The 1813 campaign was, in its own way, just as massive and dramatic as anything from the previous year.  In fact, in not a few ways it took campaigning and battle to a level not seen in Russia – there were far more battles of note, and as a sign of what was lurking in a bloody future, artillery came to the fight in truly daunting numbers time and again.

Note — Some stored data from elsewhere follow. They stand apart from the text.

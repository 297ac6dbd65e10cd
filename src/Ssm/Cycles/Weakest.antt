-- ===== src/Ssm/Cycles/Weakest.antt =====
-- packages/ssm-compiler/src/compile.ts, `weakestMember`: its choice.
use matchline.Base.{
  ◌≡◌, refl, sym, ap, inl, inr, ℕ, true, ◌&&◌, List, [], ◌∷◌, none, some, Text, text_eq,
  compare_text, ltb, nat_beq, Map, get, get-some_of_has, has, includes, subst, All-of_includes, All,
  Bool-cases,
}
use matchline.Domain.Ladder.{ParentLadderConfig}
use matchline.Domain.Snapshot.{ResolvedAssetNode}
use matchline.Ssm.Cycles.{
  Chosen, chosen_id, weighed, outweighed, rank_of, weakest_from, weakest_member, is_gt,
}

module _ (P : Text → Type 0) where
  -- A choice so far, if there is one, has `P`; a final choice is there.
  abbrev MayChoose : Chosen → Type 0
  MayChoose none = Unit
  MayChoose (some (w, r)) = P w

  abbrev Chooses : Chosen → Type 0
  Chooses chosen = (w : Text) × (r : ℕ) × (chosen ≡ some (w, r)) × P w

  may_of_Chooses : (chosen : Chosen) → Chooses chosen → MayChoose chosen
  may_of_Chooses none (w, r, e, p) = tt
  may_of_Chooses (some (c, k)) (w, r, e, p) =
      subst P (sym (ap (λ (o : Chosen). elim o [ none ↦ w | some q ↦ q.0 ]) e)) p

  outweighed-Chooses :
      (x : Text) (rank : ℕ) (chosen : Chosen)
      → P x
      → MayChoose chosen
      → Chooses (outweighed x rank chosen)
  outweighed-Chooses x rank none p h = (x, rank, refl, p)
  outweighed-Chooses x rank (some (c, r)) p h = elim (Bool-cases (ltb r rank)) [
    | inl heavier ↦ (x, rank, rw heavier, p)
    | inr lighter ↦ elim (Bool-cases (nat_beq rank r && is_gt (compare_text x c))) [
      | inl later ↦ (x, r, rw (lighter, later), p)
      | inr earlier ↦ (c, r, rw (lighter, earlier), h)
    ]
  ]

  module _ (nodes : Map Text ResolvedAssetNode) (ladder : ParentLadderConfig) where
    weighed-Chooses :
        (chosen : Chosen) (x : Text)
        → P x
        → MayChoose chosen
        → has nodes x ≡ true
        → Chooses (weighed ladder chosen x (get nodes x))
    weighed-Chooses chosen x p h known =
        let (node, found) = get-some_of_has nodes x known in
        rw found (outweighed-Chooses x (rank_of ladder node.parent.ladder_source) chosen p h)

    weakest_from-Chooses :
        (chosen : Chosen) (cycle : List Text)
        → Chooses chosen
        → All P cycle
        → All (λ x. has nodes x ≡ true) cycle
        → Chooses (weakest_from nodes ladder chosen cycle)
    unfolding weakest_from
    weakest_from-Chooses chosen [] h _ _ = h
    weakest_from-Chooses chosen (x ∷ cycle) h (p, ps) (k, ks) =
        weakest_from-Chooses (weighed ladder chosen x (get nodes x)) cycle
          (weighed-Chooses chosen x p (may_of_Chooses chosen h) k) ps ks

    weakest_member-some :
        (x : Text) (cycle : List Text)
        → All P (x ∷ cycle)
        → All (λ i. has nodes i ≡ true) (x ∷ cycle)
        → (w : Text) × (weakest_member (x ∷ cycle) nodes ladder ≡ some w) × P w
    unfolding weakest_member weakest_from
    weakest_member-some x cycle (p, ps) (k, ks) =
        let (w, r, e, q) =
          weakest_from-Chooses (weighed ladder none x (get nodes x)) cycle
            (weighed-Chooses none x p tt k) ps ks in
        (w, ap chosen_id e, q)

-- The weakest member of a cycle of known assets is one of them.
pub weakest_member-member :
    (nodes : Map Text ResolvedAssetNode) (ladder : ParentLadderConfig) (x : Text)
    (cycle : List Text)
    → All (λ i. has nodes i ≡ true) (x ∷ cycle)
    → (w : Text) × (weakest_member (x ∷ cycle) nodes ladder ≡ some w)
      × (includes (x ∷ cycle) w ≡ true)
weakest_member-member nodes ladder x cycle known =
    weakest_member-some (λ w. includes (x ∷ cycle) w ≡ true) nodes ladder x cycle
      (All-of_includes _ (x ∷ cycle) (λ a i. i)) known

Combining ease of comprehension and game management with a serious look at the theatre, it sits comfortably and alluringly beside the Europa Simulazioni (Napoleon’s Nemesis) and Canons en Carton (Allemagne 1813) – those offerings working at roughly the next scale up – as well as the mighty but daunting Struggle of Nations.

The campaign itself might not be box office, but it is a fascinating and pivotal European military event.  The game works in a lot of the reasons why that was the case, and whatever you think might be missing, the model is robust enough to carry a house rule or two.

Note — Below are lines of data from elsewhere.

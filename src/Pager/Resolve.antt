-- ===== src/Pager/Resolve.antt =====
-- `Pager::resolve` (pager.rs): which page a fault needs, how its bytes are put together, and the
-- one page-in that may be asked for. `icicle_cpu::mem::perm` is a parameter.
pub mod Painted
pub mod Request
pub mod Answer
pub mod Target
pub mod Fault
use Prim.Native.Nat.{bit_and}
use web_tos.Prelude.{
  ℕ, ◌+◌, ◌-◌, ◌%◌, ◌^◌, min, max, List, [], ◌∷◌, Bool, true, false, not, ◌&&◌, ◌||◌, Option, none,
  some, if◌then◌else◌, ltb, leb, ◌==◌, length, replicate, Result, ok, err, ◌>>=◌, Stop, panic,
}
use web_tos.Prelude.Bytes.{Bytes, bytes_eq}
use web_tos.Prelude.NatMap.{get}
use web_tos.Digest.{copy_at}
use web_tos.Chunk.{Hash, ChunkStore, ReadRange, read_range}
use web_tos.Vfs.{Vfs}
use web_tos.Pager.{
  Pager, PageRequest, AddressSpace, AccessKind, reading, writing, executing, bump, is_resident,
}
use web_tos.Pager.Mapping.{FileMapping, page_of, page_size, covers, data_end}

-- `perm::READ`, `WRITE`, `EXEC` and `INIT`
pub record PermBits : Type 0 where
  pub read : ℕ
  pub write : ℕ
  pub exec : ℕ
  pub init : ℕ

-- The messages of `Invalid`; the one of a chunk is that of `read_range`.
pub data Why : Type 0 where
  short_range second_page_in : Why
  bad_chunk : ℕ → ℕ → ℕ → Why

pub data FaultResolution : Type 0 where
  not_lazy : FaultResolution
  ready : ℕ → Bytes → ℕ → FaultResolution
  missing : PageRequest → FaultResolution
  invalid : Why → FaultResolution

unfoldable pub touching : List FileMapping → ℕ → List FileMapping
touching [] page = []
touching (m ∷ mappings) page =
    let rest = touching mappings page in if covers m page then m ∷ rest else rest

-- The permission of the last mapping grants the access.
unfoldable pub last_grants : List FileMapping → ℕ → Bool
last_grants [] required = false
last_grants (m ∷ []) required = not (bit_and m.final_perm required == 0)
last_grants (_ ∷ (m ∷ mappings)) required = last_grants (m ∷ mappings) required

abbrev pub required : PermBits → AccessKind → ℕ
required bits reading = bits.read
required bits writing = bits.write
required bits executing = bits.exec

abbrev pub next_page : ℕ → ℕ
next_page page = min (page + page_size) (2 ^ 64 - 1)

-- The page to bring in and the mappings that touch it; none where the fault is not lazy.
unfoldable pub target :
    PermBits → Pager → List FileMapping → ℕ → ℕ → AccessKind → Option (ℕ × List FileMapping)
target bits p mappings asid page access = elim (touching mappings page) [
  | [] ↦ none
  | m ∷ here ↦
      let next = next_page page in
      let beyond = touching mappings next in
      if not (is_resident p.resident asid page)
      then some (page, m ∷ here)
      else if not (last_grants (m ∷ here) (required bits access))
      then none
      else if not (last_grants beyond (required bits access)) || is_resident p.resident asid next
      then none
      else some (next, beyond)
]

-- How the loop over the mappings ends.
pub data Scan : Type 0 where
  filled : Bytes → ℕ → Scan
  lacks : Hash → Scan
  broken : Why → Scan

-- The zeros after the data of a mapping.
unfoldable pub cleared : FileMapping → ℕ → Bytes → Bytes
cleared m page bytes =
    let zero_start = max (data_end m) page in
    let zero_end = min m.end ((page + page_size) % 2 ^ 64) in
    if ltb zero_start zero_end
    then copy_at bytes (zero_start - page) (replicate (zero_end - zero_start) 0)
    else bytes

-- What a read of `len` bytes for the place `at` makes of the page.
abbrev pub placed : ℕ → Bytes → ℕ → ℕ → Result Stop ReadRange → Result Stop Scan
placed perm bytes at len (ok (ReadRange.ready part)) =
    if length part == len then ok (filled (copy_at bytes at part) perm) else ok (broken short_range)
placed perm bytes at len (ok (ReadRange.missing hash)) = ok (lacks hash)
placed perm bytes at len (ok (ReadRange.invalid i n k)) = ok (broken (bad_chunk i n k))
placed perm bytes at len (err e) = err e

-- One round of the loop.
unfoldable pub paint : ChunkStore → ℕ → FileMapping → Bytes → Result Stop Scan
paint chunks page m bytes =
    let copy_start = max page m.data_start in
    let copy_end = min ((page + page_size) % 2 ^ 64) (data_end m) in
    let file_offset = (m.file_offset + (copy_start - m.data_start)) % 2 ^ 64 in
    let len = (copy_end - copy_start) % 2 ^ 32 in
    if leb copy_end copy_start
    then ok (filled (cleared m page bytes) m.final_perm)
    else placed m.final_perm (cleared m page bytes) (copy_start - page) len
        (read_range chunks m.file file_offset len)

unfoldable pub fill_page : ChunkStore → ℕ → List FileMapping → Bytes → ℕ → Result Stop Scan
fill_page chunks page [] bytes perm = ok (filled bytes perm)
fill_page chunks page (m ∷ mappings) bytes perm = elim (paint chunks page m bytes) [
  | err e ↦ err e
  | ok (lacks hash) ↦ ok (lacks hash)
  | ok (broken why) ↦ ok (broken why)
  | ok (filled painted now) ↦ fill_page chunks page mappings painted now
]

abbrev pub same_request : PageRequest → Hash → ℕ → ℕ → ℕ → Bool
same_request r hash asid generation page =
    bytes_eq r.hash hash && r.asid == asid && r.generation == generation && r.page == page

-- A chunk is missing: the request that is pending, or a new one.
unfoldable pub asked : Pager → ℕ → ℕ → ℕ → AccessKind → Hash → FaultResolution × Pager
asked p asid generation page access hash = elim p.pending [
  | some r ↦
      if same_request r hash asid generation page
      then (missing r, p)
      else (invalid second_page_in, p)
  | none ↦
      let ticket = bump p.next_ticket in
      let r : PageRequest = record {
        ticket = ticket;
        hash = hash;
        asid = asid;
        generation = generation;
        page = page;
        access = access;
      } in
      (missing r, record p { pending = some r; next_ticket = ticket })
]

abbrev pub concluded :
    Pager → ℕ → ℕ → ℕ → AccessKind → Result Stop Scan → Result Stop (FaultResolution × Pager)
concluded p asid generation page access (err e) = err e
concluded p asid generation page access (ok (filled bytes perm)) = ok (ready page bytes perm, p)
concluded p asid generation page access (ok (broken why)) = ok (invalid why, p)
concluded p asid generation page access (ok (lacks hash)) =
    ok (asked p asid generation page access hash)

-- `vec![fill; PAGE_SIZE]`
unfoldable pub full_page : ℕ → Bytes
full_page fill = replicate page_size fill

-- The bytes of a page: `touching[0]` is there.
unfoldable pub page_in : PermBits → ChunkStore → ℕ → List FileMapping → Result Stop Scan
page_in bits chunks page [] = err panic
page_in bits chunks page (m ∷ mappings) =
    fill_page chunks page (m ∷ mappings) (full_page m.fill) bits.init

-- `resolve`
unfoldable pub resolve :
    PermBits → Pager → Vfs → ℕ → ℕ → AccessKind → Result Stop (FaultResolution × Pager)
resolve bits p v asid address access = elim (get asid p.spaces) [
  | none ↦ ok (not_lazy, p)
  | some space ↦ elim (target bits p space.mappings asid (page_of address) access) [
    | none ↦ ok (not_lazy, p)
    | some (page, mappings) ↦
        concluded p asid space.generation page access (page_in bits v.chunks page mappings)
  ]
]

A quality design – but then, I hardly expected anything else.

Footnotes:

[1] Scott Bowden: Napoleon’s Grande Armée of 1813.

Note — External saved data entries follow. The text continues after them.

-- ===== src/Pager/Resolve/Painted.antt =====
-- The bytes that `resolve` (pager.rs) puts in a page, against the bytes that its mappings define
-- one by one.
use native.Mathlib.Decide.{dec_lt}
use web_tos.Prelude.{
  ℕ, zero, suc, ◌+◌, ◌-◌, ◌%◌, ◌^◌, ◌≤◌, ◌<◌, ◌≡◌, ◌≢◌, ◌/◌, refl, sym, subst, ◌∙◌, min, max, List,
  [], ◌∷◌, ◌++◌, true, false, ◌&&◌, Bool-cases, Option, none, some, inl, inr, arith, if◌then◌else◌,
  ltb, leb, ◌==◌, length, get_elem?, take, drop, replicate, length-append, length-take, length-drop,
  length-replicate, get_elem?-append, get_elem?-take, get_elem?-drop, Result, ok, Stop,
}
use web_tos.Prelude.Bytes.{Bytes}
use web_tos.Prelude.ByteMap.{get}
use web_tos.Digest.{copy_at}
use web_tos.Chunk.{ChunkStore, ReadRange, Hash, ByteVec}
use web_tos.Chunk.Layout as Layout
use web_tos.Chunk.Range.{read_range_lem, Answer, place_length}
use web_tos.Chunk.Rounds.{byte_at}
use web_tos.Pager.Mapping.{FileMapping, page_size, data_end}
use web_tos.Pager.Mapping.Clip.{IsValid}
use web_tos.Pager.Resolve.{
  Scan, filled, lacks, broken, bad_chunk, cleared, placed, paint, full_page,
}

pub length-copy_at :
    (buf : Bytes) (at : ℕ) (src : Bytes)
    → at + length src ≤ length buf
    → length (copy_at buf at src) ≡ length buf
length-copy_at buf at src h = omega (
  arith,
  length-append (take at buf) (src ++ drop (at + length src) buf),
  length-append src (drop (at + length src) buf),
  length-take at buf,
  length-drop (at + length src) buf,
)

pub get_elem?-copy_at :
    (buf : Bytes) (at : ℕ) (src : Bytes) (j : ℕ)
    → at + length src ≤ length buf
    → get_elem? (copy_at buf at src) j
      ≡ (if leb at j && ltb j (at + length src) then get_elem? src (j - at) else get_elem? buf j)
get_elem?-copy_at buf at src j h =
    let size : length (take at buf) ≡ at = omega (arith, length-take at buf) in
    let outer = get_elem?-append (take at buf) (src ++ drop (at + length src) buf) j in
    elim (dec_lt j at) [
      | yes before ↦
          let c : ltb j (length (take at buf)) ≡ true = ground (arith, size) in
          let d : (leb at j && ltb j (at + length src)) ≡ false = ground arith in
          outer ∙ rw (c, d) (get_elem?-take at buf j before)
      | no behind ↦
          let c : ltb j (length (take at buf)) ≡ false = ground (arith, size) in
          let inner = get_elem?-append src (drop (at + length src) buf) (j - at) in
          outer
          ∙ rw (c, size)
              (inner ∙ elim (dec_lt j (at + length src)) [
                | yes inside ↦
                    let d : ltb (j - at) (length src) ≡ true = ground arith in
                    let e : (leb at j && ltb j (at + length src)) ≡ true = ground arith in
                    rw (d, e) refl
                | no past ↦
                    let d : ltb (j - at) (length src) ≡ false = ground arith in
                    let e : (leb at j && ltb j (at + length src)) ≡ false = ground arith in
                    rw (d, e)
                      (get_elem?-drop (at + length src) buf (j - at - length src) j (omega arith))
              ])
    ]

-- The byte of a page at `j` after one more mapping: from its file, zero after its data, else as
-- before.
abbrev pub laid : ChunkStore → ℕ → FileMapping → ℕ → Option ℕ → Option ℕ
laid chunks page m j before =
    if leb m.data_start (page + j) && ltb (page + j) (m.data_start + m.file_len)
    then byte_at chunks m.file (m.file_offset + (page + j - m.data_start))
    else if leb (m.data_start + m.file_len) (page + j) && ltb (page + j) m.end
    then some 0
    else before

-- The byte of a page at `j`, of the mappings in the order they were made: the specification.
unfoldable pub byte_of_page : ChunkStore → ℕ → List FileMapping → ℕ → Option ℕ → Option ℕ
byte_of_page chunks page [] j before = before
byte_of_page chunks page (m ∷ mappings) j before =
    byte_of_page chunks page mappings j (laid chunks page m j before)

get_elem?-replicate : (n j x : ℕ) → j < n → get_elem? (replicate n x) j ≡ some x
get_elem?-replicate zero j x h = absurd (omega arith)
get_elem?-replicate (suc n) zero x h = refl
get_elem?-replicate (suc n) (suc j) x h = get_elem?-replicate n j x (omega arith)

pub length-full_page : (x : ℕ) → length (full_page x) ≡ page_size
unfolding full_page
length-full_page x = length-replicate page_size x

pub get_elem?-full_page : (x j : ℕ) → j < page_size → get_elem? (full_page x) j ≡ some x
unfolding full_page
get_elem?-full_page x j h = get_elem?-replicate page_size j x h

-- The byte `at` of the mapping's file is shown in the page.
abbrev pub Shows : ℕ → FileMapping → ℕ → Type 0
Shows page m at =
    (j : ℕ) × (j < page_size)
    × (m.data_start ≤ page + j)
    × (page + j < m.data_start + m.file_len)
    × (at ≡ m.file_offset + (page + j - m.data_start))

-- The page shows a byte of a chunk of the mapping's file, and that chunk is not in the store.
abbrev pub Lacks : ChunkStore → ℕ → Hash → FileMapping → Type 0
Lacks chunks page hash m =
    (at : ℕ) × Shows page m at
    × (get_elem? m.file.chunks (at / m.file.chunk_size) ≡ some hash)
    × (get hash chunks ≡ none)

-- The page shows a byte of the chunk `i` of the mapping's file, and the store has that chunk with
-- `n` bytes in place of the `k` of the layout.
abbrev pub Spoils : ChunkStore → ℕ → ℕ → ℕ → ℕ → FileMapping → Type 0
Spoils chunks page i n k m =
    (at : ℕ) × Shows page m at
    × (i ≡ at / m.file.chunk_size)
    × ((hash : Hash) × (chunk : ByteVec) × (get_elem? m.file.chunks i ≡ some hash)
        × (get hash chunks ≡ some chunk)
        × (n ≡ length chunk.items))
    × (k ≡ place_length m.file i)
    × (n ≢ k)

-- A mapping of the page, and its file.
pub record Fits (page : ℕ) (m : FileMapping) : Type 0 where
  pub valid : IsValid m
  pub from : m.start ≤ page
  pub to : page < m.end
  pub layout : Layout.IsValid m.file

module _ (chunks : ChunkStore) (page : ℕ) (m : FileMapping) (bytes : Bytes) (f : Fits page m)
    (low : page + page_size < 2 ^ 64) (size : length bytes ≡ page_size) where
  abbrev zero_start : ℕ
  zero_start = max (data_end m) page

  abbrev zero_end : ℕ
  zero_end = min m.end ((page + page_size) % 2 ^ 64)

  data_end_same : data_end m ≡ m.data_start + m.file_len
  data_end_same = omega (arith, f.valid.data_to, f.valid.words)

  zeros_fit : zero_start < zero_end → zero_start - page + (zero_end - zero_start) ≤ page_size
  zeros_fit h = omega (arith, low, h)

  abbrev zeros : Bytes
  zeros = replicate (zero_end - zero_start) 0

  length-zeros : length zeros ≡ zero_end - zero_start
  length-zeros = length-replicate (zero_end - zero_start) 0

  -- Zero after the data, and as before elsewhere.
  abbrev zeroed : ℕ → Option ℕ
  zeroed j =
      if leb (m.data_start + m.file_len) (page + j) && ltb (page + j) m.end
      then some 0
      else get_elem? bytes j

  length-cleared : length (cleared m page bytes) ≡ page_size
  unfolding cleared
  length-cleared = elim (Bool-cases (ltb zero_start zero_end)) [
    | inr kept ↦ rw kept size
    | inl wipes ↦
        let h : zero_start < zero_end = ground arith in
        rw wipes (
          length-copy_at bytes (zero_start - page) zeros
            (omega (arith, length-zeros, zeros_fit h, size))
          ∙ size)
  ]

  get_elem?-cleared : (j : ℕ) → j < page_size → get_elem? (cleared m page bytes) j ≡ zeroed j
  unfolding cleared
  get_elem?-cleared j h = elim (Bool-cases (ltb zero_start zero_end)) [
    | inr kept ↦
        let off : (leb (m.data_start + m.file_len) (page + j) && ltb (page + j) m.end) ≡ false =
          ground (arith, data_end_same, low, kept) in
        rw (kept, off) refl
    | inl wipes ↦
        let w : zero_start < zero_end = ground arith in
        let at = zero_start - page in
        let n = zero_end - zero_start in
        let copied =
          get_elem?-copy_at bytes at zeros j (omega (arith, length-zeros, zeros_fit w, size)) in
        rw wipes (
          copied ∙ elim (Bool-cases (leb at j && ltb j (at + length zeros))) [
            | inl in_zeros ↦
                let k : j - at < n = ground (arith, in_zeros, length-zeros) in
                let on : (leb (m.data_start + m.file_len) (page + j) && ltb (page + j) m.end)
                    ≡ true =
                  ground (arith, data_end_same, low, in_zeros, length-zeros) in
                rw (in_zeros, on) (get_elem?-replicate n (j - at) 0 k)
            | inr elsewhere ↦
                let off : (leb (m.data_start + m.file_len) (page + j) && ltb (page + j) m.end)
                    ≡ false =
                  ground (arith, data_end_same, low, elsewhere, length-zeros, h) in
                rw (elsewhere, off) refl
          ])
  ]

  pub data Painted (r : Result Stop Scan) : Type 0 where
    done :
        (out : Bytes)
        → r ≡ ok (filled out m.final_perm)
        → length out ≡ page_size
        → ((j : ℕ) → j < page_size → get_elem? out j ≡ laid chunks page m j (get_elem? bytes j))
        → Painted r
    absent : (hash : Hash) → r ≡ ok (lacks hash) → Lacks chunks page hash m → Painted r
    misfit :
        (i n k : ℕ) → r ≡ ok (broken (bad_chunk i n k)) → Spoils chunks page i n k m → Painted r

  abbrev copy_start : ℕ
  copy_start = max page m.data_start

  abbrev copy_end : ℕ
  copy_end = min ((page + page_size) % 2 ^ 64) (data_end m)

  abbrev offset : ℕ
  offset = (m.file_offset + (copy_start - m.data_start)) % 2 ^ 64

  -- The data of the mapping in the page, by the bounds of the copy.
  in_data :
      (j : ℕ)
      → j < page_size
      → (leb m.data_start (page + j) && ltb (page + j) (m.data_start + m.file_len))
        ≡ (leb (copy_start - page) j && ltb j (copy_start - page + (copy_end - copy_start)))
  in_data j h = ground (arith, data_end_same, low, h)

  -- A byte of the file that the copy covers is shown in the page.
  shown_at :
      (at len : ℕ)
      → copy_start < copy_end
      → len ≡ copy_end - copy_start
      → offset ≡ m.file_offset + (copy_start - m.data_start)
      → offset ≤ at
      → at < offset + len
      → Shows page m at
  shown_at at len h l o lo hi = (
    at - offset + (copy_start - page),
    omega (arith, low, h, l, hi),
    omega arith,
    omega (arith, data_end_same, h, l, hi),
    omega (arith, o, lo),
  )

  placed_lem :
      (len : ℕ) (r : ReadRange)
      → copy_start < copy_end
      → len ≡ copy_end - copy_start
      → offset ≡ m.file_offset + (copy_start - m.data_start)
      → Answer chunks m.file offset (offset + len) r
      → Painted (placed m.final_perm (cleared m page bytes) (copy_start - page) len (ok r))
  placed_lem len r h l o (Answer.absent hash at e reached named gone) =
      rw e (absent hash refl (at, shown_at at len h l o reached.0 reached.1, named, gone))
  placed_lem len r h l o (Answer.misfit hash chunk at e reached named present differ) = rw e (
      misfit _ _ _ refl (
        at,
        shown_at at len h l o reached.0 reached.1,
        refl,
        (hash, chunk, named, present, refl),
        refl,
        differ,
      ))
  placed_lem len r h l o (Answer.bytes part e stops holds) =
      let full : length part ≡ len = omega (arith, stops) in
      let same : (length part == len) ≡ true = ground (arith, full) in
      let room : copy_start - page + length part ≤ length (cleared m page bytes) =
        omega (arith, length-cleared, full, l, low) in
      let buf = cleared m page bytes in
      rw (e, same)
        (done (copy_at buf (copy_start - page) part) refl
          (length-copy_at buf (copy_start - page) part room ∙ length-cleared)
          (λ j k.
            get_elem?-copy_at buf (copy_start - page) part j room
            ∙ rw (full, l, sym (in_data j k)) (at_place j k)))
    where
      at_place :
          (j : ℕ)
          → j < page_size
          → (if leb m.data_start (page + j) && ltb (page + j) (m.data_start + m.file_len)
              then get_elem? part (j - (copy_start - page))
              else get_elem? (cleared m page bytes) j)
            ≡ laid chunks page m j (get_elem? bytes j)
      at_place j k =
          let full : length part ≡ len = omega (arith, stops) in
          elim (Bool-cases
            (leb m.data_start (page + j) && ltb (page + j) (m.data_start + m.file_len))) [
              | inl inside ↦
                  let i = j - (copy_start - page) in
                  let spot : offset + i ≡ m.file_offset + (page + j - m.data_start) =
                    ground (arith, o, inside) in
                  let short : i < length part = ground (arith, full, l, inside, in_data j k, h) in
                  rw inside (holds i short ∙ rw spot refl)
              | inr outside ↦ rw outside (get_elem?-cleared j k)
            ]

  pub paint_lem : m.file.size < 2 ^ 64 → Painted (paint chunks page m bytes)
  unfolding paint
  paint_lem small = elim (Bool-cases (leb copy_end copy_start)) [
    | inl nothing ↦ rw nothing (
        done (cleared m page bytes) refl length-cleared (λ j k.
          let off : (leb m.data_start (page + j) && ltb (page + j) (m.data_start + m.file_len))
              ≡ false =
            in_data j k ∙ ground (arith, nothing) in
          rw off (get_elem?-cleared j k)))
    | inr some_data ↦
        let h : copy_start < copy_end = ground (arith, some_data) in
        let len = (copy_end - copy_start) % 2 ^ 32 in
        let l : len ≡ copy_end - copy_start = omega (arith, low, h) in
        let held = f.valid.in_file (omega (arith, h, data_end_same)) in
        let o : offset ≡ m.file_offset + (copy_start - m.data_start) =
          omega (arith, small, held, h, data_end_same) in
        let stops : offset + min len (m.file.size - offset) ≡ offset + len =
          omega (arith, l, o, held, h, data_end_same) in
        elim (read_range_lem chunks m.file offset len f.layout small (omega (arith, l, low))) [
          | inl (large, panics) ↦ absurd (omega (arith, l, low, large))
          | inr (fits, (r, runs, answer)) ↦
              rw (some_data, runs)
                (placed_lem len r h l o (subst (λ k. Answer chunks m.file offset k r) stops answer))
        ]
  ]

[2] Readers may care to study works such as George Nafziger’s Imperial Bayonets and Brent Nosworthy’s Battle Tactics of Napoleon and His Enemies to get an idea of the complexity of unit management on the Napoleonic battlefield.

[3] Dominic Levien Russia Against Napoleon.

[4] A little out of context, but Tim Clayton cites examples (Waterloo – Four Days That Changed Europe’s Destiny) of how raw Prussian recruits at Ligny proved deaf to the orders and instructions of their NCOs and got themselves killed far too easily dashing about in impulsive forays.  The same also applied to many of the raw French infantry, and may explain why D’Erlon launched his initial attack in such a collection of clumsy and compact formations – to give some semblance of order to battalions that might otherwise fall apart on the approach.

[5] Andrew Roberts: Napoleon The Great.

[6] Elting and Esposito: A Military History and Atlas of The Napoleonic Wars makes a brief reference to the emperor going in with his boot at Lützen.  However, certain occasions of imperial risk-taking during 1814 seem to have been driven more by despair than by military necessity.

[7] Modern scholarship (Barbero/Clayton) strongly suggests that D’Erlon’s I Corps’ attacks at Waterloo was preceded by a bombardment from close to a mile away from Wellington’s centre and left.

[8] “How can a man go forward with the cavalry without infantry support?”  No two guesses where that line comes from, but within the context of this game series, it seems Ney wanted his charges without reading the rules!

[9] Ar* results, on columns 1:5 to 2:1 (Ar usually being a plain, straightforward attacker retreat), are converted to shock in storm turns or in terrain such as wooded.  Design notes stress that different factors could apply to how such applicable combats progressed, based on the different nature of the battle environment.

[10] After the death of Bessieres in the spring of 1813, Napoleon was at pains to stress that his wife should be assured that he and the marshal were a good distance apart when a cannonball struck him in the chest.  He was, however, far closer to Duroc at short time later, and to Saint-Maurice in 1815, when both met a gory end.

[11] Historically, Duroc was disemboweled by a cannonball during an action occurring between Lützen and Bautzen, and died a very painful and lingering death.  Napoleon was at his side for much of that period, and despite the fact that the forces were in contact, he essentially called off the action and then sat bereft and alone for the rest of the day.

About the Author

Paul

Paul has been involved in the hobby since the early 1970s. Of largely Belgian ancestry on his father’s side, and English (Yorkshire) on his mother’s, after finishing his education he worked in tourism and student services, and also spent some time in the former West Germany. He met his wife Boo in 1990, and they married a couple of years later.

Paul hails from a long line of former servicemen – one grandfather was a sergeant in the BEF of 1914, whilst two of his great grandfathers were killed serving with the Royal Navy. His own father, who was born in Britain, served with the army in Malaya in the early 1950s.